▸ TASK GOAL: Return, word for word, only the lines of the data below that lie between the line with "pub mod FrameInit" and the line with "abbrev pub u8 : ℕ → ℕ", those two lines included.

START INPUT MATERIAL

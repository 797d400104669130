-- ===== src/Cuda/Timestamp.antt =====
-- The timestamp searches that the kernels share with the host
-- (include/cycle_enum/cuda/cuda_timestamp.hpp). The bisection recurs on fuel, one unit for each
-- offset of the range; every round shortens the range, so that is enough.
pub mod Agree
use cycle_enumeration_gpu.Prelude.{
  ℕ, zero, suc, ◌+◌, ◌-◌, ◌/◌, Bool, true, false, not, ◌||◌, List, Option, none, some, ltb, leb,
  if◌then◌else◌,
}
use cycle_enumeration_gpu.Prelude.Int.{ℤ, pos, ◌+ℤ◌, ◌-ℤ◌, ltb_ℤ}
use cycle_enumeration_gpu.Core.Timestamp.{
  max_timestamp, TimestampRange, TimestampStartPolicy, inclusive, after_start, value_at, is_empty,
}

-- The end of the window, or `none` where the source returns false.
pub checked_window_end : ℤ → ℤ → Option ℤ
checked_window_end start width =
    if ltb_ℤ width (pos 0)
    then none
    else if ltb_ℤ (max_timestamp -ℤ width) start
    then none
    else some (start +ℤ width)

-- The loop of both bounds: `test` says that the offset sought lies behind the value.
pub bisect : (ℤ → Bool) → List ℤ → ℕ → ℕ → ℕ → ℕ
bisect test ts zero begin end = begin
bisect test ts (suc fuel) begin end =
    let mid = begin + (end - begin) / 2 in
    let right = bisect test ts fuel (suc mid) end in
    let left = bisect test ts fuel begin mid in
    if ltb begin end then (if test (value_at ts mid) then right else left) else begin

pub timestamp_lower_bound : List ℤ → ℕ → ℕ → ℤ → ℕ
unfolding bisect
timestamp_lower_bound ts begin end target = bisect (λ t. ltb_ℤ t target) ts (end - begin) begin end

pub timestamp_upper_bound : List ℤ → ℕ → ℕ → ℤ → ℕ
unfolding bisect
timestamp_upper_bound ts begin end target =
    bisect (λ t. not (ltb_ℤ target t)) ts (end - begin) begin end

-- `CudaTimestampRange{}`
abbrev pub no_range : TimestampRange
no_range = record { begin = 0; end = 0 }

pub timestamps_in_window : List ℤ → ℕ → ℕ → ℤ → ℤ → TimestampStartPolicy → TimestampRange
unfolding checked_window_end timestamp_lower_bound timestamp_upper_bound
timestamps_in_window ts search_begin search_end start width policy =
    elim (checked_window_end start width) [
      | none ↦ no_range
      | some window_end ↦
          let begin : ℕ = elim policy [
            | inclusive ↦ timestamp_lower_bound ts search_begin search_end start
            | after_start ↦ timestamp_upper_bound ts search_begin search_end start
          ] in
          if ltb search_end search_begin
          then no_range
          else record { begin = begin; end = timestamp_upper_bound ts begin search_end window_end }
    ]

pub has_timestamp_in_window : List ℤ → ℕ → ℕ → ℤ → ℤ → TimestampStartPolicy → Bool
unfolding timestamps_in_window
has_timestamp_in_window ts search_begin search_end start width policy =
    not (is_empty (timestamps_in_window ts search_begin search_end start width policy))

pub timestamps_after : List ℤ → ℕ → ℕ → ℤ → ℤ → TimestampRange
unfolding timestamp_upper_bound
timestamps_after ts search_begin search_end previous window_end =
    let begin = timestamp_upper_bound ts search_begin search_end previous in
    if ltb search_end search_begin
    then no_range
    else record { begin = begin; end = timestamp_upper_bound ts begin search_end window_end }
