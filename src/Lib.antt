-- ===== src/Lib.antt =====
-- Verification of dvb_stream_v1: a DVB-T receiver that decodes one programme, encodes its video anew and
-- streams it, with the received audio, to one network client. There are two programs, mycode/ and the
-- older simple/, which shares several files with it.
--
-- In mycode/, `thread_input` reads transport stream packets from the demultiplexer device
-- (mpi_decoder.c), parses them (ts_packet.c), gives video to the decoder and audio and tables to the
-- queues of gn_tcp.c. `thread_output` takes decoded frames and scales them into a ring of frames
-- (main.c); `thread_encoder` encodes them (mpi_encoder.c) and packs each access unit into transport
-- stream packets with new time stamps (conver_format.c), which go to the video queue; `rtp_sender` sends
-- both queues to the client. gn_rtp.c is an alternative to gn_tcp.c that sends RTP.
--
-- Base and below: lists, Boolean tests, machine words and bit masks that all files share.
-- Ts: mycode/ts_packet.h and ts_packet.c (simple/ has the same text). `ts_packet_init` is a function from
--   the buffer to `Parsed`: the packet, -1, or the write past `payload.data`.
-- Pts: the time stamp counters of conver_format.c (`get_pts`, of mycode and of simple) and mpi_decoder.c
--   (`get_audio_pts`, `get_video_pts`), their five-byte form, and `tcp_get_pts` of gn_tcp.c. The `float`
--   in which the counters are advanced is modelled exactly.
-- Mux: conver_format.c, from an access unit to transport stream packets: `h264_to_ts` with its loop
--   (`packets`), the body of the loop (`round`) and the functions that it calls.
-- Ring: the circular arrays that gn_tcp.c and gn_rtp.c keep for each of their queues.
-- Tcp, Rtp: gn_tcp.c and gn_rtp.c. A state holds the queues, the counters and what has been handed to the
--   socket; a sequence of calls (`Call`, `run`) is any interleaving of the threads' calls.
-- Demux: `decoder_read_ts_packet` of mpi_decoder.c.
-- Cfg, Dvb: dvbcfg_common.c and gn_dvb.c, from the channel file to the tuned device.
-- Frames: the ring of frames of main.c, between the decoder's and the encoder's thread, as calls and, in
--   Frames.Threads, as single stores in any interleaving (`move`, `moves`).
-- Output: `ts`, `frame_packet` and `rtp_sender` of main.c.
-- Decoder: the life of the decoder of mpi_decoder.c, with the calls of the MPP library as results.
-- FrameInit, Encoder: mpi_frame_init.c and mpi_encoder.c, with the calls of the MPP library as results.
-- Program: the threads of mycode/main.c as a whole (`thread_input`, `thread_output`, `thread_encoder`), each
--   over the components that it calls, their chain from the decoder to the client in Program.Pipeline, and
--   the start in `main`.
-- Simple: what differs in simple/: the frames' array with flags of simple/main.c, whose two threads are
--   interleaved step by step (`turn`, `run`), and the file reader of simple/mpi_decoder.c.
--
-- Conventions. The programs are built for AArch64 Linux: `char` is unsigned, `long` and `size_t` have 64
-- bits, and floats are not computed in excess precision. A byte is a natural number, with `IsByte` as a
-- hypothesis where the bound matters; wrap-around is written out (`u8`, `u16`, `u32`, `u64`). Results of
-- system calls and of the MPP, RGA and socket libraries are arguments. A call that ends the process or
-- never returns gives `none`. A store outside an array is recorded or ends the call with a result of its
-- own, and a read outside an array gives an arbitrary byte. Calls of the threads are taken to be atomic.
--
-- In Simple and in Frames.Threads the two threads may stop between any two accesses to what they share; the
-- accesses take place in the order in which the code has them.
--
-- Not modelled: calculate_fps and the log of the frame rate, in `float`, which nothing else reads; what the
-- libraries do with the memory of frames and packets; read_file, put_data and decoder_read_packet of mycode/,
-- which nothing calls or which are empty; the opening of the files that the packets and
-- the encoder's output go to, whose results are not tested.
-- include/ and lib/ are other projects' code.
--
-- Fuel. `packets` has one unit more than the access unit has bytes, and each round moves on by at least
-- one byte; `copy_payload` has as many units as `payload.data` has bytes, and reports a write past them;
-- `excess_bits` has 80, for numbers below 2^77.
pub mod Base
pub mod Ts
pub mod Pts
pub mod Mux
pub mod Ring
pub mod Tcp
pub mod Rtp
pub mod Demux
pub mod Cfg
pub mod Dvb
pub mod FrameInit
pub mod Frames
pub mod Output
pub mod Decoder
pub mod Encoder
pub mod Program
pub mod Simple
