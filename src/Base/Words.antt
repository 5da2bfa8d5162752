-- ===== src/Base/Words.antt =====
-- Casts to the fixed widths of AArch64 Linux (the target of the checked-in binaries), and shifts.
use Prim.Native.Nat.{ℕ, ◌*◌, ◌/◌, ◌%◌, ◌^◌}

-- `unsigned char`, and `char`, which is unsigned on this target.
abbrev pub u8 : ℕ → ℕ
u8 n = n % 2 ^ 8

-- `unsigned short`, `uint16_t`
abbrev pub u16 : ℕ → ℕ
u16 n = n % 2 ^ 16

-- `unsigned int`, `RK_U32`, and the bit pattern of an `int`
abbrev pub u32 : ℕ → ℕ
u32 n = n % 2 ^ 32

-- `unsigned long`, `size_t`, `uint64_t`
abbrev pub u64 : ℕ → ℕ
u64 n = n % 2 ^ 64

infixl 75 ◌<<<◌ ◌>>>◌
abbrev pub ◌<<<◌ : ℕ → ℕ → ℕ
x <<< k = x * 2 ^ k

abbrev pub ◌>>>◌ : ℕ → ℕ → ℕ
x >>> k = x / 2 ^ k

END INPUT MATERIAL

▸ TASK ANSWER:
pub mod FrameInit
pub mod Frames
pub mod Output
pub mod Decoder
pub mod Encoder
pub mod Program
pub mod Simple
filename src/Base/Words.antt
repository 5da2bfa8d5162752
-- ===== src/Base/Words.antt =====
-- Casts to the fixed widths of AArch64 Linux (the target of the checked-in binaries), and shifts.
use Prim.Native.Nat.{ℕ, ◌*◌, ◌/◌, ◌%◌, ◌^◌}

-- `unsigned char`, and `char`, which is unsigned on this target.
abbrev pub u8 : ℕ → ℕ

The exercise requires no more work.